Il est tellement tôt et le temps est si mauvais, ils sont sans courage. (1)
Il est tellement tôt et le temps est si mauvais qu'ils sont sans courage. (2)

Il est tellement tôt et le temps est mauvais, ils sont sans courage. (3)
Il est tellement tôt et le temps est mauvais qu'ils sont sans courage. (4)

The comma is not used in simple coordinations with "et"; the first set of sentences is correct because the intensities associated with the assertions (est tôt, temps mauvais) are both evaluated at a critical point, which is sufficient for satisfying to the estate introduced by "que"; this evaluation at a critical point is effected by means of "tellement" and "si". The assertions are in the sentence on an equal footing, that is to say you can suppress one and the other shouldn't be affected, nor should this suppression affect the sentence as a whole; so let's suppress the first part of the coordinated assertions in the first set;

Le temps est mauvais, ils sont sans courage. (5)
Le temps est mauvais, qu'ils sont sans courage. (6)

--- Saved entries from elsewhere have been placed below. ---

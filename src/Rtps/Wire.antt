-- ===== src/Rtps/Wire.antt =====
-- The byte helpers that src/rtps/reliability_messages.cpp, src/rtps/data_message.cpp and
-- src/rtps/message_router.cpp each define: integers at an index of a message, and the RTPS header.
-- The value of a uint32_t loop is that of the CDR loop, cut to 32 bits.
pub mod Holds
pub mod Begins
use open_rtdds.Prelude.{
  ℕ, ◌+◌, ◌*◌, ◌/◌, ◌%◌, ◌^◌, Bool, true, false, ◌&&◌, leb, ◌==◌, ◌!=◌, ◌∷◌, List, [], Option,
  bit_or, BytePointer, drop,
}
use open_rtdds.Rtps.Types.{
  ByteOrder, big_endian, little_endian, ProtocolVersion, VendorId, GuidPrefix, EntityId,
}
use open_rtdds.Serialization.Cdr.{byte_at, put_byte, copy_to}
use open_rtdds.Serialization.Integral.{store_integral, load_integral}
use open_rtdds.Serialization.Reader.{bytes_from}

-- `&pointer[index]`
abbrev pub pointer_at : BytePointer → ℕ → BytePointer
pointer_at Option.none index = Option.none
pointer_at (Option.some bytes) index = Option.some (drop index bytes)

abbrev pub supported_byte_order : ByteOrder → Bool
supported_byte_order big_endian = true
supported_byte_order little_endian = true

abbrev pub supported_version : ProtocolVersion → Bool
supported_version version = version.major == 2 && version.minor != 0 && leb version.minor 5

unfoldable pub write_uint16 : BytePointer → ℕ → ℕ → ByteOrder → BytePointer
write_uint16 b index value little_endian =
    put_byte (put_byte b index (value % 2 ^ 8)) (index + 1) (value / 2 ^ 8 % 2 ^ 8)
write_uint16 b index value big_endian =
    put_byte (put_byte b index (value / 2 ^ 8 % 2 ^ 8)) (index + 1) (value % 2 ^ 8)

unfoldable pub write_uint32 : BytePointer → ℕ → ℕ → ByteOrder → BytePointer
write_uint32 b index value order = store_integral order index value 4 b

unfoldable pub write_sequence_number : BytePointer → ℕ → ℕ → ByteOrder → BytePointer
write_sequence_number b index sequence_number order =
    write_uint32 (write_uint32 b index (sequence_number / 2 ^ 32 % 2 ^ 32) order) (index + 4)
      (sequence_number % 2 ^ 32) order

unfoldable pub read_uint16 : BytePointer → ℕ → ByteOrder → ℕ
read_uint16 b index little_endian =
    bit_or (byte_at b index) (byte_at b (index + 1) * 2 ^ 8) % 2 ^ 16
read_uint16 b index big_endian = bit_or (byte_at b index * 2 ^ 8) (byte_at b (index + 1)) % 2 ^ 16

unfoldable pub read_uint32 : BytePointer → ℕ → ByteOrder → ℕ
read_uint32 b index order = load_integral order index 4 b % 2 ^ 32

-- `buffer[index] |= mask`
abbrev pub or_byte : BytePointer → ℕ → ℕ → BytePointer
or_byte b index mask = put_byte b index (bit_or (byte_at b index) mask)

abbrev pub vendor_bytes : VendorId → List ℕ
vendor_bytes vendor = vendor.v0 ∷ vendor.v1 ∷ []

abbrev pub entity_bytes : EntityId → List ℕ
entity_bytes id = id.e0 ∷ id.e1 ∷ id.e2 ∷ id.e3 ∷ []

abbrev pub vendor_at : BytePointer → ℕ → VendorId
vendor_at b index = record { v0 = byte_at b index; v1 = byte_at b (index + 1) }

abbrev pub entity_at : BytePointer → ℕ → EntityId
entity_at b index = record {
  e0 = byte_at b index;
  e1 = byte_at b (index + 1);
  e2 = byte_at b (index + 2);
  e3 = byte_at b (index + 3);
}

abbrev pub prefix_at : BytePointer → ℕ → GuidPrefix
prefix_at b index = bytes_from b index 12

unfoldable pub write_rtps_header :
    BytePointer → ProtocolVersion → VendorId → GuidPrefix → BytePointer
write_rtps_header b version vendor guid_prefix =
    let named = put_byte (put_byte (put_byte (put_byte b 0 b'R') 1 b'T') 2 b'P') 3 b'S' in
    let versioned = put_byte (put_byte named 4 version.major) 5 version.minor in
    copy_to (copy_to versioned 6 (vendor_bytes vendor)) 8 guid_prefix
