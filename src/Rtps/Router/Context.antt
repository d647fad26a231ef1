-- ===== src/Rtps/Router/Context.antt =====
-- The types of include/openrtdds/rtps/message_router.hpp, and the context that the INFO submessages
-- set, of apply_info in src/rtps/message_router.cpp.
use open_rtdds.Prelude.{
  ℕ, ◌+◌, Bool, true, false, ◌||◌, not, [], ◌∷◌, ◌==◌, ◌!=◌, if◌then◌else◌, bit_and, BytePointer,
}
use open_rtdds.Rtps.Types.{
  ByteOrder, big_endian, little_endian, ProtocolVersion, VendorId, GuidPrefix,
}
use open_rtdds.Serialization.Cdr.{byte_at}
use open_rtdds.Rtps.Wire.{read_uint32, vendor_at, prefix_at, supported_version}

abbrev pub submessage_id_pad : ℕ
submessage_id_pad = 0x01

abbrev pub submessage_id_acknack : ℕ
submessage_id_acknack = 0x06

abbrev pub submessage_id_heartbeat : ℕ
submessage_id_heartbeat = 0x07

abbrev pub submessage_id_info_timestamp : ℕ
submessage_id_info_timestamp = 0x09

abbrev pub submessage_id_info_source : ℕ
submessage_id_info_source = 0x0C

abbrev pub submessage_id_info_destination : ℕ
submessage_id_info_destination = 0x0E

abbrev pub submessage_id_data : ℕ
submessage_id_data = 0x15

pub data MessageRouteError : Type 0 where
  none invalid_argument truncated invalid_protocol : MessageRouteError
  unsupported_version malformed_submessage invalid_info_submessage : MessageRouteError
  submessage_not_found : MessageRouteError

pub record RtpsTimestamp : Type 0 where
  pub seconds : ℕ
  pub fraction : ℕ

pub record RoutedSubmessageView : Type 0 where
  pub version : ProtocolVersion
  pub vendor_id : VendorId
  pub source_guid_prefix : GuidPrefix
  pub destination_guid_prefix : GuidPrefix
  pub has_destination : Bool
  pub source_timestamp : RtpsTimestamp
  pub has_source_timestamp : Bool
  pub id : ℕ
  pub flags : ℕ
  pub byte_order : ByteOrder
  pub content : BytePointer
  pub content_size : ℕ
  pub offset : ℕ

pub record RouteContext : Type 0 where
  pub version : ProtocolVersion
  pub vendor_id : VendorId
  pub source : GuidPrefix
  pub destination : GuidPrefix
  pub has_destination : Bool
  pub timestamp : RtpsTimestamp
  pub has_timestamp : Bool

abbrev pub nonzero_prefix : GuidPrefix → Bool
nonzero_prefix [] = false
nonzero_prefix (octet ∷ octets) = octet != 0 || nonzero_prefix octets

abbrev pub order_of : ℕ → ByteOrder
order_of flags = if bit_and flags 1 != 0 then little_endian else big_endian

-- `content` is read only where the size is that of the submessage.
abbrev pub set_destination : ℕ → GuidPrefix → RouteContext → MessageRouteError × RouteContext
set_destination size destination context =
    if size != 12 then (MessageRouteError.invalid_info_submessage, context) else (
      MessageRouteError.none,
      record context { destination = destination; has_destination = nonzero_prefix destination },
    )

abbrev pub apply_destination : BytePointer → ℕ → RouteContext → MessageRouteError × RouteContext
apply_destination content size context = set_destination size (prefix_at content 0) context

abbrev pub version_at : BytePointer → ℕ → ProtocolVersion
version_at content index = record {
  major = byte_at content index;
  minor = byte_at content (index + 1);
}

abbrev pub set_source :
    ℕ → ProtocolVersion → VendorId → GuidPrefix → RouteContext → MessageRouteError × RouteContext
set_source size version vendor_id source context =
    if size != 20
    then (MessageRouteError.invalid_info_submessage, context)
    else if not (supported_version version)
    then (MessageRouteError.unsupported_version, record context { version = version })
    else (
      MessageRouteError.none,
      record context { version = version; vendor_id = vendor_id; source = source },
    )

abbrev pub apply_source : BytePointer → ℕ → RouteContext → MessageRouteError × RouteContext
apply_source content size context =
    set_source size (version_at content 4) (vendor_at content 6) (prefix_at content 8) context

abbrev pub apply_timestamp :
    ℕ → ByteOrder → BytePointer → ℕ → RouteContext → MessageRouteError × RouteContext
apply_timestamp flags order content size context =
    if bit_and flags 2 != 0
    then (if size != 0
        then (MessageRouteError.invalid_info_submessage, context)
        else (MessageRouteError.none, record context { has_timestamp = false }))
    else if size != 8
    then (MessageRouteError.invalid_info_submessage, context)
    else (
      MessageRouteError.none,
      record context {
        timestamp = record {
          seconds = read_uint32 content 0 order;
          fraction = read_uint32 content 4 order;
        };
        has_timestamp = true;
      },
    )

unfoldable pub apply_info :
    ℕ → ℕ → ByteOrder → BytePointer → ℕ → RouteContext → MessageRouteError × RouteContext
apply_info id flags order content size context =
    if id == submessage_id_info_destination
    then apply_destination content size context
    else if id == submessage_id_info_source
    then apply_source content size context
    else if id == submessage_id_info_timestamp
    then apply_timestamp flags order content size context
    else (MessageRouteError.none, context)
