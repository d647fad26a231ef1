-- ===== src/Rtps/Router.antt =====
-- include/openrtdds/rtps/message_router.hpp and src/rtps/message_router.cpp: the walk over the
-- submessages of one RTPS message. Where the source has tested that an index is not past the
-- message's size, the sums and differences of std::size_t do not wrap and are written plainly. A
-- std::int32_t is its bit pattern. The walk takes fuel: each round moves the offset by four bytes or
-- more.
mod Context
pub mod Carried
pub mod Listed
pub mod Walk
pub mod Bounds
mod Tests
pub use open_rtdds.Rtps.Router.Context.{
  submessage_id_pad, submessage_id_acknack, submessage_id_heartbeat, submessage_id_info_timestamp,
  submessage_id_info_source, submessage_id_info_destination, submessage_id_data, MessageRouteError,
  RtpsTimestamp, RoutedSubmessageView, RouteContext, nonzero_prefix, order_of, set_destination,
  apply_destination, version_at, set_source, apply_source, apply_timestamp,
}
unfoldable pub use open_rtdds.Rtps.Router.Context.{apply_info}
use open_rtdds.Prelude.{
  ℕ, zero, suc, ◌+◌, ◌-◌, Bool, true, false, ◌&&◌, ◌||◌, not, List, [], ◌∷◌, Option, ltb, leb, ◌==◌,
  ◌!=◌, if◌then◌else◌, replicate, bit_and, BytePointer,
}
use open_rtdds.Core.History.{is_null}
use open_rtdds.Rtps.Types.{
  ByteOrder, big_endian, little_endian, ProtocolVersion, VendorId, GuidPrefix,
}
use open_rtdds.Serialization.Cdr.{byte_at}
use open_rtdds.Rtps.Wire.{
  pointer_at, read_uint16, read_uint32, vendor_at, prefix_at, supported_version,
}

-- The variables of the loop. `candidate` is `none` while `found` is false.
pub record WalkState : Type 0 where
  pub context : RouteContext
  pub candidate : Option RoutedSubmessageView
  pub occurrence : ℕ
  pub offset : ℕ

pub data Step : Type 0 where
  failed : MessageRouteError → Step
  stopped : WalkState → Step
  continued : WalkState → Step

abbrev pub routed_view :
    RouteContext → ℕ → ℕ → ByteOrder → BytePointer → ℕ → ℕ → RoutedSubmessageView
routed_view context id flags order content size offset = record {
  version = context.version;
  vendor_id = context.vendor_id;
  source_guid_prefix = context.source;
  destination_guid_prefix = context.destination;
  has_destination = context.has_destination;
  source_timestamp = context.timestamp;
  has_source_timestamp = context.has_timestamp;
  id = id;
  flags = flags;
  byte_order = order;
  content = content;
  content_size = size;
  offset = offset;
}

-- What follows `apply_info` in a round.
abbrev pub advance : Bool → WalkState → ℕ → MessageRouteError × RouteContext → Step
advance extends_to_end s next (MessageRouteError.none, context) =
    if extends_to_end
    then Step.stopped (record s { context = context; offset = next })
    else Step.continued (record s { context = context; offset = next })
advance extends_to_end s next (error, context) = Step.failed error

-- The variables once the submessage is compared with the wanted one.
abbrev pub noted : BytePointer → ℕ → ℕ → ℕ → ℕ → ByteOrder → ℕ → WalkState → WalkState
noted m wanted_id wanted_occurrence id flags order content_size s = record s {
  candidate =
      if id == wanted_id && s.occurrence == wanted_occurrence
      then Option.some
          (routed_view s.context id flags order (pointer_at m (s.offset + 4)) content_size s.offset)
      else s.candidate;
  occurrence = if id == wanted_id then s.occurrence + 1 else s.occurrence;
}

-- The round once the submessage's size is known.
unfoldable pub visit : BytePointer → ℕ → ℕ → ℕ → ℕ → ByteOrder → ℕ → Bool → WalkState → Step
visit m wanted_id wanted_occurrence id flags order content_size extends_to_end s =
    advance extends_to_end (noted m wanted_id wanted_occurrence id flags order content_size s)
      (s.offset + 4 + content_size)
      (apply_info id flags order (pointer_at m (s.offset + 4)) content_size s.context)

-- `declared == 0` for a submessage that may be empty.
abbrev pub may_be_empty : ℕ → Bool
may_be_empty id = id == submessage_id_pad || id == submessage_id_info_timestamp

abbrev pub extends : ℕ → ℕ → Bool
extends id declared = declared == 0 && not (may_be_empty id)

unfoldable pub step_with : BytePointer → ℕ → ℕ → ℕ → WalkState → ℕ → ℕ → ByteOrder → ℕ → Step
step_with m size wanted_id wanted_occurrence s id flags order declared =
    let available = size - (s.offset + 4) in
    let content_size = if extends id declared then available else declared in
    if ltb available content_size
    then Step.failed MessageRouteError.truncated
    else visit m wanted_id wanted_occurrence id flags order content_size (extends id declared) s

-- One round of the loop, at an offset before the end.
unfoldable pub step : BytePointer → ℕ → ℕ → ℕ → WalkState → Step
step m size wanted_id wanted_occurrence s =
    if ltb (size - s.offset) 4
    then Step.failed MessageRouteError.malformed_submessage
    else step_with m size wanted_id wanted_occurrence s (byte_at m s.offset)
        (byte_at m (s.offset + 1)) (order_of (byte_at m (s.offset + 1)))
        (read_uint16 m (s.offset + 2) (order_of (byte_at m (s.offset + 1))))

-- What follows the loop. `none` is a view that is not changed.
abbrev pub finish : ℕ → WalkState → MessageRouteError × Option RoutedSubmessageView
finish size s =
    if s.offset != size
    then (MessageRouteError.malformed_submessage, Option.none)
    else elim s.candidate [
      | Option.none ↦ (MessageRouteError.submessage_not_found, Option.none)
      | Option.some view ↦ (MessageRouteError.none, Option.some view)
    ]

-- The rest of the function after a round, where `rest` goes on with the loop.
abbrev pub resume :
    (WalkState → MessageRouteError × Option RoutedSubmessageView)
    → ℕ
    → Step
    → MessageRouteError × Option RoutedSubmessageView
resume rest size (Step.failed error) = (error, Option.none)
resume rest size (Step.stopped s) = finish size s
resume rest size (Step.continued s) = rest s

unfoldable pub walk :
    ℕ → BytePointer → ℕ → ℕ → ℕ → WalkState → MessageRouteError × Option RoutedSubmessageView
walk zero m size wanted_id wanted_occurrence s = finish size s
walk (suc fuel) m size wanted_id wanted_occurrence s =
    let rest =
      resume (walk fuel m size wanted_id wanted_occurrence) size
        (step m size wanted_id wanted_occurrence s) in
    if ltb s.offset size then rest else finish size s

abbrev pub start_context : BytePointer → RouteContext
start_context m = record {
  version = version_at m 4;
  vendor_id = vendor_at m 6;
  source = prefix_at m 8;
  destination = replicate 12 0;
  has_destination = false;
  timestamp = record { seconds = 0; fraction = 0 };
  has_timestamp = false;
}

abbrev pub start_state : BytePointer → WalkState
start_state m = record {
  context = start_context m;
  candidate = Option.none;
  occurrence = 0;
  offset = 20;
}

abbrev pub is_rtps : BytePointer → Bool
is_rtps m = byte_at m 0 == b'R' && byte_at m 1 == b'T' && byte_at m 2 == b'P' && byte_at m 3 == b'S'

unfoldable pub find_submessage :
    BytePointer → ℕ → ℕ → ℕ → MessageRouteError × Option RoutedSubmessageView
find_submessage m size wanted_id wanted_occurrence =
    if is_null m && size != 0
    then (MessageRouteError.invalid_argument, Option.none)
    else if ltb size 20
    then (MessageRouteError.truncated, Option.none)
    else if not (is_rtps m)
    then (MessageRouteError.invalid_protocol, Option.none)
    else if not (supported_version (version_at m 4))
    then (MessageRouteError.unsupported_version, Option.none)
    else walk (suc size) m size wanted_id wanted_occurrence (start_state m)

Only the first sentence (5) is correct because, two independent clauses can be coordinated by a comma (equivalent Le temps est mauvais et ils sont sans courage.); the cause and effect relationship is sometimes expressed that way, but it's by no means always to be decoded into a coordination. However we see now that there is no more a question of intensity, the statment is general. That's in fact what we have in "(1)" the cause and effect relationship, in that case being indicated by a degree of intensity (tellement, si). So, (6) is not correct.

In the second set only (3) is correct and that is on the count of not containing "que"; there is no need then for both coordinated clauses to be constructed in a parallel manner with respect to a conjunction; as that is the pattern of the first sentence in your question, that first sentence is correct.

The answer, as I understand the problem in these sentences, is that interposition is not a possibility and that the matter remains in the domain of coordination and preserving to coordinated parts a parallel nature. Thus, the first one is correct and the second one becomes so if modified as follows;

Il s’est passé tellement de choses, et les membres de la direction l’envoient travailler dans les salles d’urgence si souvent, qu'il doit être épuisé.

For a short sentence I wouldn't use a comma before "que"; in a long sentence it would improve reading and then, using it is a good idea.

I don't see a way to let the idea in the interposed clause imply the condition that "que" introduces as a consequence; let's consider this;

  • Il s’est passé tellement de choses qu'il doit être épuisé et avec ça les membres de la direction l’envoient travailler dans les salles d’urgence sans arrêt.

In this scheme it is clear that the idea in the coordinated clause has nothing to do in the way of justifying that in "qu'il doit être épuisé".

In this other solution an interposition (simpler) of a different sort will make everything right but at the price of a little more complexity;

Il s’est passé tellement de choses et les membres de la direction l’envoient travailler dans les salles d’urgence si souvent, en fait sans arrêt , qu'il doit être épuisé.